[Saved entries]
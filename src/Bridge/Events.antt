-- ===== src/Bridge/Events.antt =====
-- The Nostr events of the bridge: `sign_nostr_event`, `generate_prekey_bundle_announcement` and
-- `generate_empty_bundle_announcement` of rust/signal_bridge/src/lib.rs. The types of the nostr
-- crate are parameters; `now` is the clock in seconds.
use radix_relay.Prelude.{ℕ, ◌%◌, ◌^◌, Option, none, some, List, [], ◌∷◌, String}
use radix_relay.Prelude.Numerals.{to_text}
use radix_relay.Exec.{Exec, Outcome, ok, panic, pure, lift, ◌>>=◌}
use radix_relay.NostrIdentity.{IdentityApi, then_outcome}
use radix_relay.StorageTrait.{StorageContainer}
use radix_relay.Contacts.{add_contact_from_bundle}
use radix_relay.Bridge.Messages.{SignalBridge, on_storage, on_database}
use radix_relay.Bridge.Bundles.{BundleApi, or_protocol, or_serialization, generate_pre_key_bundle}
use radix_relay.Bridge.Peering.{identity_bytes, derive_nostr_keypair}
use radix_relay.Bridge.Json.{JsonApi, Base64}

-- `nostr::Tag`, and the event that `EventBuilder` makes of a kind of 16 bits, a content, tags and a
-- time, with the generator that the signature draws from.
pub record EventApi (I : IdentityApi) : Type 1 where
  pub Rng : Type 0
  pub Tag : Type 0
  pub Event : Type 0
  pub parse_tag : List String → Option Tag
  pub to_event : Rng → ℕ → String → List Tag → ℕ → I.Keys → Option Event
  pub event_id : Event → String
  pub signature : Event → String

pub record BundleInfo (Text : Type 0) : Type 0 where
  pub announcement_json : Text
  pub pre_key_id : ℕ
  pub signed_pre_key_id : ℕ
  pub kyber_pre_key_id : ℕ

module _ {I : IdentityApi} (N : EventApi I) where
  -- `.unwrap_or_else(|_| Tag::parse(&["unknown"]).unwrap())`
  abbrev pub tag_or_unknown : Option N.Tag → Outcome N.Tag
  tag_or_unknown (some tag) = ok tag
  tag_or_unknown none = elim (N.parse_tag ("unknown" ∷ [])) [ some tag ↦ ok tag | none ↦ panic ]

  unfoldable pub tag_of : List String → Outcome N.Tag
  tag_of [] = tag_or_unknown (N.parse_tag ("" ∷ []))
  tag_of (name ∷ values) = tag_or_unknown (N.parse_tag (name ∷ values))

  unfoldable pub tags_of : List (List String) → Outcome (List N.Tag)
  unfolding tag_of
  tags_of [] = ok []
  tags_of (tag ∷ tags) =
      then_outcome (tag_of tag) (λ t. then_outcome (tags_of tags) (λ ts. ok (t ∷ ts)))

module _ {C : StorageContainer} {I : IdentityApi} (N : EventApi I)
    (get_identity_key_pair : C.Identities → Outcome I.IdentityKeyPair) where
  -- The public key, the event's id and its signature.
  unfoldable pub sign_nostr_event :
      N.Rng → ℕ → ℕ → List (List String) → String → Exec (SignalBridge C) (String × String × String)
  unfolding derive_nostr_keypair
  sign_nostr_event rng created_at kind tags content = do
    keys ← derive_nostr_keypair I get_identity_key_pair
    nostr_tags ← lift (tags_of N tags)
    event ← lift (or_protocol (N.to_event rng (kind % 2 ^ 16) content nostr_tags created_at keys))
    pure (I.to_hex (I.public_key keys), N.event_id event, N.signature event)

-- The JSON of a signed event, whose tags are written once more.
module _ (J : JsonApi) where
  abbrev pub tag_value : String → String → J.Value
  tag_value name value = J.array (J.string name ∷ J.string value ∷ [])

  abbrev pub event_value : String × String × String → ℕ → ℕ → J.Value → String → J.Value
  event_value (pubkey, event_id, signature) created_at kind tags content = J.object (
      ("id", J.string event_id)
      ∷ ("pubkey", J.string pubkey)
      ∷ ("created_at", J.number created_at)
      ∷ ("kind", J.number kind)
      ∷ ("tags", tags)
      ∷ ("content", J.string content)
      ∷ ("sig", J.string signature)
      ∷ [])

  abbrev pub bundle_tag_values : String → String → ℕ → J.Value
  bundle_tag_values rdx_fingerprint project_version timestamp = J.array (
      tag_value "d" "radix_prekey_bundle_v1"
      ∷ tag_value "rdx" rdx_fingerprint
      ∷ tag_value "radix_version" project_version
      ∷ tag_value "bundle_timestamp" (to_text timestamp)
      ∷ [])

  abbrev pub empty_bundle_tag_values : String → J.Value
  empty_bundle_tag_values project_version =
      J.array
        (tag_value "d" "radix_prekey_bundle_v1" ∷ tag_value "radix_version" project_version ∷ [])

-- The tags that are signed.
abbrev pub bundle_tags : String → String → ℕ → List (List String)
bundle_tags rdx_fingerprint project_version timestamp =
    ("d" ∷ "radix_prekey_bundle_v1" ∷ [])
    ∷ ("rdx" ∷ rdx_fingerprint ∷ [])
    ∷ ("radix_version" ∷ project_version ∷ [])
    ∷ ("bundle_timestamp" ∷ to_text timestamp ∷ [])
    ∷ []

abbrev pub empty_bundle_tags : String → List (List String)
empty_bundle_tags project_version =
    ("d" ∷ "radix_prekey_bundle_v1" ∷ []) ∷ ("radix_version" ∷ project_version ∷ []) ∷ []

module _ {C : StorageContainer} {I : IdentityApi} (N : EventApi I) (J : JsonApi)
    (get_identity_key_pair : C.Identities → Outcome I.IdentityKeyPair) where
  unfoldable pub generate_empty_bundle_announcement :
      N.Rng → String → ℕ → Exec (SignalBridge C) J.Text
  unfolding sign_nostr_event
  generate_empty_bundle_announcement rng project_version now = do
    let tags = empty_bundle_tags project_version
    signed ← sign_nostr_event N get_identity_key_pair rng now 30078 tags ""
    lift (
        or_serialization (
          J.to_string
            (event_value J signed now 30078 (empty_bundle_tag_values J project_version) "")))

  module _ (P : BundleApi C) (B : Base64) where
    abbrev pub announce : N.Rng → String → ℕ → String → List ℕ → Exec (SignalBridge C) J.Text
    announce rng project_version timestamp rdx_fingerprint bundle_bytes = do
      let bundle_base64 = B.encode bundle_bytes
      let tags = bundle_tags rdx_fingerprint project_version timestamp
      signed ← sign_nostr_event N get_identity_key_pair rng timestamp 30078 tags bundle_base64
      lift (
          or_serialization (
            J.to_string (
              event_value J signed timestamp 30078
                (bundle_tag_values J rdx_fingerprint project_version timestamp) bundle_base64)))

    unfoldable pub generate_prekey_bundle_announcement :
        N.Rng → String → ℕ → Exec (SignalBridge C) (BundleInfo J.Text)
    unfolding sign_nostr_event
    generate_prekey_bundle_announcement rng project_version now = do
      (bundle_bytes, pre_key_id, signed_pre_key_id, kyber_pre_key_id) ←
          on_storage (generate_pre_key_bundle P)
      rdx_fingerprint ← on_database (
          add_contact_from_bundle I (λ b. identity_bytes (P.from_bytes b)) now bundle_bytes
            (some "self"))
      announcement_json ← announce rng project_version now rdx_fingerprint bundle_bytes
      pure (record {
        announcement_json = announcement_json;
        pre_key_id = pre_key_id;
        signed_pre_key_id = signed_pre_key_id;
        kyber_pre_key_id = kyber_pre_key_id;
      })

Activity: After locating the line with "-- The JSON" above, return that line and every later line through the one with "abbrev pub empty_bundle_tag_values", word for word and with nothing else.

Task response:
-- The JSON of a signed event, whose tags are written once more.
module _ (J : JsonApi) where
  abbrev pub tag_value : String → String → J.Value
  tag_value name value = J.array (J.string name ∷ J.string value ∷ [])

  abbrev pub event_value : String × String × String → ℕ → ℕ → J.Value → String → J.Value
  event_value (pubkey, event_id, signature) created_at kind tags content = J.object (
      ("id", J.string event_id)
      ∷ ("pubkey", J.string pubkey)
      ∷ ("created_at", J.number created_at)
      ∷ ("kind", J.number kind)
      ∷ ("tags", tags)
      ∷ ("content", J.string content)
      ∷ ("sig", J.string signature)
      ∷ [])

  abbrev pub bundle_tag_values : String → String → ℕ → J.Value
  bundle_tag_values rdx_fingerprint project_version timestamp = J.array (
      tag_value "d" "radix_prekey_bundle_v1"
      ∷ tag_value "rdx" rdx_fingerprint
      ∷ tag_value "radix_version" project_version
      ∷ tag_value "bundle_timestamp" (to_text timestamp)
      ∷ [])

  abbrev pub empty_bundle_tag_values : String → J.Value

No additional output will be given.